-- ===== src/App/Routes.antt =====
-- internal/app/dispatcher.go: who answers which paths.
use aisummoner.Prelude.{
  ◌≡◌, ◌≢◌, refl, ap, sym, ◌∙◌, Bool, true, false, not, ◌&&◌, ◌++◌, if◌then◌else◌,
}
use mathlib.Core.Path.{subst}
use aisummoner.Prelude.Text.{codes}
use aisummoner.Store.Data.{Bytes}
use aisummoner.App.Dispatcher.{
  RouteKind, route_static, route_tunnel, route_terminal, route_agent, route_health, route_browser,
  route_denied, classify_path, Handler, unavailable, health_handler, not_found_handler,
  static_handler, tunnel_handler, terminal_handler, agent_handler, browser_handler, handler_of,
  is_health, serve_http,
}
use aisummoner.App.Paths.{
  classify-health_sound, classify-health, classify-tunnel_sound, tunnel_route, classify-tunnel,
  classify-api_itself, classify-internal_itself, classify-internal, classify-below_health,
  IsApiRoute, classify-api, IsOutside, classify-outside,
}

-- A handler of the interface of the server.
abbrev pub AnswersApi : Handler → Type 0
AnswersApi tunnel_handler = Unit {0}
AnswersApi terminal_handler = Unit {0}
AnswersApi agent_handler = Unit {0}
AnswersApi browser_handler = Unit {0}
AnswersApi health_handler = ⊥
AnswersApi static_handler = ⊥
AnswersApi not_found_handler = ⊥
AnswersApi unavailable = ⊥

-- What the dispatcher promises of the handlers of a path.
pub record Serves (value : Bytes) : Type 0 where
  health : (ready : Bool) → value ≡ codes "/healthz" → serve_http ready value ≡ health_handler
  not_ready : value ≢ codes "/healthz" → serve_http false value ≡ unavailable
  internal_itself : value ≡ codes "/internal" → serve_http true value ≡ not_found_handler
  internal :
      (rest : Bytes)
      → value ≡ codes "/internal/" ++ rest
      → serve_http true value ≡ not_found_handler
  below_health :
      (rest : Bytes) → value ≡ codes "/healthz/" ++ rest → serve_http true value ≡ not_found_handler
  api_itself : value ≡ codes "/api" → serve_http true value ≡ browser_handler
  api : (rest : Bytes) → value ≡ codes "/api/" ++ rest → AnswersApi (serve_http true value)
  tunnel : value ≡ codes "/api/v1/tunnel" → serve_http true value ≡ tunnel_handler
  only_tunnel : serve_http true value ≡ tunnel_handler → value ≡ codes "/api/v1/tunnel"
  outside : IsOutside value → serve_http true value ≡ static_handler

ready_lem : (value : Bytes) → serve_http true value ≡ handler_of (classify_path value)
unfolding serve_http
ready_lem value = served (classify_path value)
  where
    served :
        (k : RouteKind)
        → (if not (is_health k) && not true then unavailable else handler_of k) ≡ handler_of k
    served route_static = refl
    served route_tunnel = refl
    served route_terminal = refl
    served route_agent = refl
    served route_health = refl
    served route_browser = refl
    served route_denied = refl

health_lem : (ready : Bool) → serve_http ready (codes "/healthz") ≡ health_handler
unfolding serve_http
health_lem ready = rw classify-health refl

not_ready_lem : (value : Bytes) → value ≢ codes "/healthz" → serve_http false value ≡ unavailable
unfolding serve_http
not_ready_lem value n = turned (classify_path value) (λ e. n (classify-health_sound value e))
  where
    turned :
        (k : RouteKind)
        → k ≢ route_health
        → (if not (is_health k) && not false then unavailable else handler_of k) ≡ unavailable
    turned route_health h = absurd (h refl)
    turned route_static h = refl
    turned route_tunnel h = refl
    turned route_terminal h = refl
    turned route_agent h = refl
    turned route_browser h = refl
    turned route_denied h = refl

api_handler : (k : RouteKind) → IsApiRoute k → AnswersApi (handler_of k)
api_handler route_static h = absurd h
api_handler route_tunnel h = tt
api_handler route_terminal h = tt
api_handler route_agent h = tt
api_handler route_health h = absurd h
api_handler route_browser h = tt
api_handler route_denied h = absurd h

-- The health check answers its path whether or not the server is ready, and every other path is unavailable
-- while it is not. When it is ready, nothing below /internal/ and /healthz/ is found, and what is below
-- /api/ has a handler of the interface, never the static files.
pub serve_http_sound : (value : Bytes) → Serves value
serve_http_sound value = record {
  health = λ ready e. rw e (health_lem ready);
  not_ready = not_ready_lem value;
  internal = λ rest e. rw e (ready_lem _ ∙ ap handler_of (classify-internal rest));
  below_health = λ rest e. rw e (ready_lem _ ∙ ap handler_of (classify-below_health rest));
  internal_itself = λ e. rw e (ready_lem _ ∙ ap handler_of classify-internal_itself);
  api_itself = λ e. rw e (ready_lem _ ∙ ap handler_of classify-api_itself);
  tunnel = λ e. rw e (ready_lem _ ∙ ap handler_of classify-tunnel);
  only_tunnel = λ e. classify-tunnel_sound value (tunnel_route _ (sym (ready_lem value) ∙ e));
  outside = λ o. ready_lem value ∙ ap handler_of (classify-outside value o);
  api = λ rest e. rw e (subst AnswersApi (sym (ready_lem _)) (api_handler _ (classify-api rest)));
}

▬▬▬▬▬▬▬▬▬▬

▸ Action item: The expected response is the entire listing, repeated word for word.

▸ The completed task:
-- ===== src/App/Routes.antt =====
-- internal/app/dispatcher.go: who answers which paths.
use aisummoner.Prelude.{
  ◌≡◌, ◌≢◌, refl, ap, sym, ◌∙◌, Bool, true, false, not, ◌&&◌, ◌++◌, if◌then◌else◌,
}
use mathlib.Core.Path.{subst}
use aisummoner.Prelude.Text.{codes}
use aisummoner.Store.Data.{Bytes}
use aisummoner.App.Dispatcher.{
  RouteKind, route_static, route_tunnel, route_terminal, route_agent, route_health, route_browser,
  route_denied, classify_path, Handler, unavailable, health_handler, not_found_handler,
  static_handler, tunnel_handler, terminal_handler, agent_handler, browser_handler, handler_of,
  is_health, serve_http,
}
use aisummoner.App.Paths.{
  classify-health_sound, classify-health, classify-tunnel_sound, tunnel_route, classify-tunnel,
  classify-api_itself, classify-internal_itself, classify-internal, classify-below_health,
  IsApiRoute, classify-api, IsOutside, classify-outside,
}

-- A handler of the interface of the server.
abbrev pub AnswersApi : Handler → Type 0
AnswersApi tunnel_handler = Unit {0}
AnswersApi terminal_handler = Unit {0}
AnswersApi agent_handler = Unit {0}
AnswersApi browser_handler = Unit {0}
AnswersApi health_handler = ⊥
AnswersApi static_handler = ⊥
AnswersApi not_found_handler = ⊥
AnswersApi unavailable = ⊥

-- What the dispatcher promises of the handlers of a path.
pub record Serves (value : Bytes) : Type 0 where
  health : (ready : Bool) → value ≡ codes "/healthz" → serve_http ready value ≡ health_handler
  not_ready : value ≢ codes "/healthz" → serve_http false value ≡ unavailable
  internal_itself : value ≡ codes "/internal" → serve_http true value ≡ not_found_handler
  internal :
      (rest : Bytes)
      → value ≡ codes "/internal/" ++ rest
      → serve_http true value ≡ not_found_handler
  below_health :
      (rest : Bytes) → value ≡ codes "/healthz/" ++ rest → serve_http true value ≡ not_found_handler
  api_itself : value ≡ codes "/api" → serve_http true value ≡ browser_handler
  api : (rest : Bytes) → value ≡ codes "/api/" ++ rest → AnswersApi (serve_http true value)
  tunnel : value ≡ codes "/api/v1/tunnel" → serve_http true value ≡ tunnel_handler
  only_tunnel : serve_http true value ≡ tunnel_handler → value ≡ codes "/api/v1/tunnel"
  outside : IsOutside value → serve_http true value ≡ static_handler

ready_lem : (value : Bytes) → serve_http true value ≡ handler_of (classify_path value)
unfolding serve_http
ready_lem value = served (classify_path value)
  where
    served :
        (k : RouteKind)
        → (if not (is_health k) && not true then unavailable else handler_of k) ≡ handler_of k
    served route_static = refl
    served route_tunnel = refl
    served route_terminal = refl
    served route_agent = refl
    served route_health = refl
    served route_browser = refl
    served route_denied = refl

health_lem : (ready : Bool) → serve_http ready (codes "/healthz") ≡ health_handler
unfolding serve_http
health_lem ready = rw classify-health refl

not_ready_lem : (value : Bytes) → value ≢ codes "/healthz" → serve_http false value ≡ unavailable
unfolding serve_http
not_ready_lem value n = turned (classify_path value) (λ e. n (classify-health_sound value e))
  where
    turned :
        (k : RouteKind)
        → k ≢ route_health
        → (if not (is_health k) && not false then unavailable else handler_of k) ≡ unavailable
    turned route_health h = absurd (h refl)
    turned route_static h = refl
    turned route_tunnel h = refl
    turned route_terminal h = refl
    turned route_agent h = refl
    turned route_browser h = refl
    turned route_denied h = refl

api_handler : (k : RouteKind) → IsApiRoute k → AnswersApi (handler_of k)
api_handler route_static h = absurd h
api_handler route_tunnel h = tt
api_handler route_terminal h = tt
api_handler route_agent h = tt
api_handler route_health h = absurd h
api_handler route_browser h = tt
api_handler route_denied h = absurd h

-- The health check answers its path whether or not the server is ready, and every other path is unavailable
-- while it is not. When it is ready, nothing below /internal/ and /healthz/ is found, and what is below
-- /api/ has a handler of the interface, never the static files.
pub serve_http_sound : (value : Bytes) → Serves value
serve_http_sound value = record {
  health = λ ready e. rw e (health_lem ready);
  not_ready = not_ready_lem value;
  internal = λ rest e. rw e (ready_lem _ ∙ ap handler_of (classify-internal rest));
  below_health = λ rest e. rw e (ready_lem _ ∙ ap handler_of (classify-below_health rest));
  internal_itself = λ e. rw e (ready_lem _ ∙ ap handler_of classify-internal_itself);
  api_itself = λ e. rw e (ready_lem _ ∙ ap handler_of classify-api_itself);
  tunnel = λ e. rw e (ready_lem _ ∙ ap handler_of classify-tunnel);
  only_tunnel = λ e. classify-tunnel_sound value (tunnel_route _ (sym (ready_lem value) ∙ e));
  outside = λ o. ready_lem value ∙ ap handler_of (classify-outside value o);
  api = λ rest e. rw e (subst AnswersApi (sym (ready_lem _)) (api_handler _ (classify-api rest)));
}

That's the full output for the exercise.